--- WHAT THE TASK ASKS ---
Only one stretch of the records below is wanted: the lines from the one holding "the next number." through the one holding "unfolding world_or weight continue_chain". Return it exactly, both ends included.
● ● ● ● ●
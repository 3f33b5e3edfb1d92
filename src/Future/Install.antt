-- ===== src/Future/Install.antt =====
-- include/future/future.hpp: what is done with a future and with a promise, on the states of a
-- program. The fuel of continueChain is the one that Chain.Ends shows to be enough.
pub mod Linked
pub mod Delivered
pub mod Grown
pub mod Results
pub mod Attached
use rpcxx.Prelude.{ℕ, suc, Bool, Option, none, some, List, [], ◌∷◌, ◌++◌, length, get_elem?}
use rpcxx.Prelude.Text.{codes}
use rpcxx.Json.Access.{future_error, Result, ok, throw, ◌>>=◌}
use rpcxx.Future.Cell.{
  Cell, Notify, notify_then, notify_try, notify_last, fresh, publish, get_future, ref, deref,
}
use rpcxx.Future.Chain.{Returned, Job, World, put, fulfil_at, notify, continue_chain}
use rpcxx.Future.Chain.Ends.{weight}

module _ {ℓ} {A : Type ℓ} where
  unfoldable pub world_or : World A → Option (World A) → World A
  world_or w none = w
  world_or w (some v) = v

  -- `new Data<T>`: the next number.
  unfoldable pub new_data : Cell A → World A → World A
  new_data c w = record w { cells = w.cells ++ c ∷ [] }

  unfoldable pub find_cell : ℕ → World A → Result (Cell A)
  find_cell d w = elim (get_elem? w.cells d) [
    | none ↦ throw (future_error (codes "Invalid Future"))
    | some c ↦ ok c
  ]

module _ {ℓ} {A : Type ℓ} (call : ℕ → Result A → Returned A)
    (last_throws : ℕ → Result A → Bool) where
  unfoldable pub drive_all : Option ℕ → World A → World A
  unfolding world_or weight continue_chain
  drive_all d w = world_or w (continue_chain call last_throws (suc (weight w)) d w)

  -- `Future::install`.
  unfoldable pub install : Bool → Notify → Option ℕ → ℕ → World A → Result (World A)
  unfolding find_cell publish put drive_all
  install exec n chain d w =
      find_cell d w >>= λ c. publish exec n chain c >>= λ e. ok (drive_all (some d) (put d e w))

  -- `Then` and `Try` give the future of a new state, `AtLast` gives none.
  unfoldable pub then_or_try : Bool → Notify → ℕ → World A → Result (ℕ × World A)
  unfolding install new_data
  then_or_try exec n d w =
      install exec n (some (length w.cells)) d (new_data fresh w) >>= λ v. ok (length w.cells, v)

  unfoldable pub at_last : Bool → ℕ → ℕ → World A → Result (World A)
  unfolding install
  at_last exec f d w = install exec (notify_last f) none d w

  -- `SharedPromise::operator()`.
  unfoldable pub call_promise : ℕ → Result A → World A → Bool × World A
  unfolding fulfil_at drive_all
  call_promise d r w = let done = fulfil_at d r w in (done.0, drive_all (some d) done.1)

  -- The job that `continueChain` hands to an executor.
  unfoldable pub run_job : Job → Result A → World A → World A
  unfolding notify drive_all
  run_job j r w =
      let told = notify call last_throws j.notif j.chain r w in
      drive_all j.chain (drive_all told.0 told.1)
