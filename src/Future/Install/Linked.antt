-- ===== src/Future/Install/Linked.antt =====
-- include/future/future.hpp and src/future.cpp: states that are linked to a chain of
-- continuations, and what the loop of continueChain does at one of them.
use rpcxx.Prelude.{
  ℕ, zero, suc, ◌<◌, ◌≡◌, ◌≢◌, refl, sym, ◌∙◌, Bool, true, false, Option, none, some, List, [], ◌∷◌,
  get_elem?, get_elem?-set_self, get_elem?-set_ne, get_elem?_below, arith,
}
use mathlib.Core.Option.{some-injective}
use rpcxx.Json.Access.{Result}
use rpcxx.Future.Cell.{
  Cell, Notify, notify_then, notify_try, fulfil, fulfil_from, claim, claim_from,
}
use rpcxx.Future.Chain.{
  Returned, World, put, fulfil_found, fulfil_at, claim_found, claim_at, go_on, notify, run_claimed,
  drive_claimed, continue_chain,
}

module _ {ℓ} {A : Type ℓ} where
  abbrev pub cell_of : Option (Result A) → Option Notify → Option ℕ → Bool → ℕ → Cell A
  cell_of o n ch t p = record {
    outcome = o;
    notify = n;
    chain = ch;
    exec = false;
    future_taken = t;
    promises = p;
  }

-- The state with this number has this result, this continuation and this chain, and no executor.
pub record Has {ℓ} {A : Type ℓ} (d : ℕ) (o : Option (Result A)) (n : Option Notify) (ch : Option ℕ)
    (w : World A) : Type ℓ where
  pub taken : Bool
  pub owners : ℕ
  pub found : get_elem? w.cells d ≡ some (cell_of o n ch taken owners)

module _ {ℓ} {A : Type ℓ} {o : Option (Result A)} {n : Option Notify} {ch : Option ℕ} where
  pub Has-put :
      (d : ℕ) (t : Bool) (p : ℕ) (w : World A) (old : Cell A)
      → get_elem? w.cells d ≡ some old
      → Has d o n ch (put d (cell_of o n ch t p) w)
  unfolding put
  Has-put d t p w old e = record {
    taken = t;
    owners = p;
    found = get_elem?-set_self w.cells d _ (get_elem?_below w.cells d old e);
  }

  pub Has-put_ne :
      (d e : ℕ) (c : Cell A) (w : World A) → e ≢ d → Has d o n ch w → Has d o n ch (put e c w)
  unfolding put
  Has-put_ne d e c w ne h = record {
    taken = h.taken;
    owners = h.owners;
    found = get_elem?-set_ne w.cells c ne ∙ h.found;
  }

-- The stages of a chain: Then (true) or Try, and the number of the function.
abbrev pub Stage : Type 0
Stage = Bool × ℕ

abbrev pub notify_of : Stage → Notify
notify_of (true, f) = notify_then f
notify_of (false, f) = notify_try f

module _ {ℓ} {A : Type ℓ} where
  -- From state `d` with result `o` the stages lead over states that wait to the state `last`.
  pub data Linked (last : ℕ) (w : World A) : Option (Result A) → List Stage → ℕ → Type ℓ where
    at_end : {o : Option (Result A)} → Has last o none none w → Linked last w o [] last
    linked :
        {o : Option (Result A)} {s : Stage} {ss : List Stage} {d next : ℕ}
        → d < next
        → Has d o (some (notify_of s)) (some next) w
        → Linked last w none ss next
        → Linked last w o (s ∷ ss) d

  pub Linked-put :
      {last : ℕ} (w : World A) {o : Option (Result A)} {ss : List Stage} {d : ℕ} (e : ℕ)
      (c : Cell A)
      → e < d
      → Linked last w o ss d
      → Linked last (put e c w) o ss d
  Linked-put w {d = d} e c lt (at_end h) = at_end (Has-put_ne d e c w (λ q. omega arith) h)
  Linked-put w {d = d} e c lt (linked b h l) =
      linked b (Has-put_ne d e c w (λ q. omega arith) h) (Linked-put w e c (omega arith) l)

  pub Linked-fulfil :
      {last : ℕ} {ss : List Stage} {d : ℕ} (r : Result A) (w : World A)
      → Linked last w none ss d
      → Linked last (fulfil_at d r w).1 (some r) ss d
  unfolding fulfil_at fulfil_found fulfil fulfil_from
  Linked-fulfil {d = d} r w (at_end h) =
      rw h.found (at_end (Has-put d h.taken h.owners w _ h.found))
  Linked-fulfil {d = d} r w (linked b h l) =
      rw h.found (linked b (Has-put d h.taken h.owners w _ h.found) (Linked-put w d _ b l))

module _ {ℓ} {A : Type ℓ} (call : ℕ → Result A → Returned A)
    (last_throws : ℕ → Result A → Bool) where
  pub continue_chain-claimed :
      {d : ℕ} {r : Result A} {n : Notify} {ch : Option ℕ} (fuel : ℕ) (w : World A)
      → (h : Has d (some r) (some n) ch w)
      → continue_chain call last_throws (suc fuel) (some d) w
        ≡ go_on
            (λ e v. continue_chain call last_throws fuel e v)
            ch
            (continue_chain call last_throws fuel
              (notify call last_throws n ch r
                (put d (cell_of (some r) none ch h.taken h.owners) w)).0
              (notify call last_throws n ch r
                (put d (cell_of (some r) none ch h.taken h.owners) w)).1)
  unfolding continue_chain claim_at
  continue_chain-claimed fuel w h =
      rw h.found (unfold claim_found claim claim_from drive_claimed run_claimed in refl)

  pub continue_chain-stops :
      {d : ℕ} {o : Option (Result A)} {ch : Option ℕ} (fuel : ℕ) (w : World A)
      → Has d o none ch w
      → continue_chain call last_throws (suc fuel) (some d) w ≡ some w
  unfolding continue_chain claim_at claim_found claim drive_claimed claim_from
  continue_chain-stops {o = none} fuel w h = rw h.found refl
  continue_chain-stops {o = some r} fuel w h = rw h.found refl

  pub continue_chain-pending :
      {d : ℕ} {n : Option Notify} {ch : Option ℕ} (fuel : ℕ) (w : World A)
      → Has d none n ch w
      → continue_chain call last_throws (suc fuel) (some d) w ≡ some w
  unfolding continue_chain claim_at claim_found claim drive_claimed claim_from
  continue_chain-pending fuel w h = rw h.found refl

  pub continue_chain-done :
      {d : ℕ} {o : Option (Result A)} {ch : Option ℕ} (fuel : ℕ) (w v : World A)
      → Has d o none ch w
      → continue_chain call last_throws fuel (some d) w ≡ some v
      → w ≡ v
  unfolding continue_chain
  continue_chain-done zero w v h e = absurd cc
  continue_chain-done (suc fuel) w v h e =
      some-injective w v (sym (continue_chain-stops fuel w h) ∙ e)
● ● ● ● ●
--- REPLY ---
  -- `new Data<T>`: the next number.
  unfoldable pub new_data : Cell A → World A → World A
  new_data c w = record w { cells = w.cells ++ c ∷ [] }

  unfoldable pub find_cell : ℕ → World A → Result (Cell A)
  find_cell d w = elim (get_elem? w.cells d) [
    | none ↦ throw (future_error (codes "Invalid Future"))
    | some c ↦ ok c
  ]

module _ {ℓ} {A : Type ℓ} (call : ℕ → Result A → Returned A)
    (last_throws : ℕ → Result A → Bool) where
  unfoldable pub drive_all : Option ℕ → World A → World A
  unfolding world_or weight continue_chain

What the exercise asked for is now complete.